▸ Data records:
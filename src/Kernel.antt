-- ===== src/Kernel.antt =====
-- The kernel below the module: errno values, and the services that the sources call and that are
-- not part of this repository (dma-buf references, user memory, misc devices), as an interface.
use vcam_kmod.Base.{ℕ, ◌+◌, ◌<◌, ◌≡◌, Bool, Option, if◌then◌else◌, ◌==◌}
use vcam_kmod.Base.Int.{ℤ}
use vcam_kmod.Uapi.{Struct, Val}

-- The errors that the sources return, negated in C. `os` stands for a code that the kernel hands
-- on through an error pointer or a return value.
pub data Errno : Type 0 where
  einval ebusy enoent eagain esrch efault enodev enotty : Errno
  os : ℕ → Errno

pub data Result {ℓ} (A : Type ℓ) : Type ℓ where
  ok : A → Result A
  err : Errno → Result A

-- A `struct dma_buf *` that is not NULL is the number of the buffer. `World` is the rest of the
-- machine: the descriptor tables, the reference counts, the memory of the calling process.
pub record Kernel : Type 1 where
  pub World : Type 0
  -- The buffer behind a descriptor of the calling process, with one more reference, or an error.
  pub dma_buf_get : ℤ → World → Result ℕ × World
  pub dma_buf_put : ℕ → World → World
  -- A typed read or write of user memory at an address; `none` and `false` are a fault.
  pub copy_from_user : (s : Struct) → ℕ → World → Option (Val s)
  pub copy_to_user : (s : Struct) → ℕ → Val s → World → Bool × World
  pub misc_register : World → Result (Unit {0}) × World
  pub misc_deregister : World → World
  -- The references held on a buffer.
  pub refs : ℕ → World → ℕ

-- One at `b`, none elsewhere.
abbrev pub one_at : ℕ → ℕ → ℕ
one_at b c = if b == c then 1 else 0

-- What the module relies on: each service counts references as documented. A count is only said
-- to rise while it is below the limit of its counter.
pub record CountsRefs (k : Kernel) (limit : ℕ) : Type 0 where
  pub get_ok :
      (fd : ℤ) (w : k.World) {b : ℕ} {w' : k.World} (c : ℕ)
      → k.dma_buf_get fd w ≡ (ok b, w')
      → k.refs b w < limit
      → k.refs c w' ≡ k.refs c w + one_at b c
  pub get_err :
      (fd : ℤ) (w : k.World) {e : Errno} {w' : k.World} (c : ℕ)
      → k.dma_buf_get fd w ≡ (err e, w')
      → k.refs c w' ≡ k.refs c w
  pub put :
      (b : ℕ) (w : k.World) (c : ℕ)
      → 0 < k.refs b w
      → k.refs c (k.dma_buf_put b w) + one_at b c ≡ k.refs c w
  pub copy_out :
      (s : Struct) (addr : ℕ) (v : Val s) (w : k.World) (c : ℕ)
      → k.refs c (k.copy_to_user s addr v w).1 ≡ k.refs c w
  pub register : (w : k.World) (c : ℕ) → k.refs c (k.misc_register w).1 ≡ k.refs c w
  pub deregister : (w : k.World) (c : ℕ) → k.refs c (k.misc_deregister w) ≡ k.refs c w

▸ Task to complete:
Look through the data above and return exactly the lines from the one that contains "pub dma_buf_put : ℕ → World → World" to the one that contains "one_at b c = if b == c then 1 else 0", inclusive, with nothing else.

▸ Response:
  pub dma_buf_put : ℕ → World → World
  -- A typed read or write of user memory at an address; `none` and `false` are a fault.
  pub copy_from_user : (s : Struct) → ℕ → World → Option (Val s)
  pub copy_to_user : (s : Struct) → ℕ → Val s → World → Bool × World
  pub misc_register : World → Result (Unit {0}) × World
  pub misc_deregister : World → World
  -- The references held on a buffer.
  pub refs : ℕ → World → ℕ

-- One at `b`, none elsewhere.
abbrev pub one_at : ℕ → ℕ → ℕ
one_at b c = if b == c then 1 else 0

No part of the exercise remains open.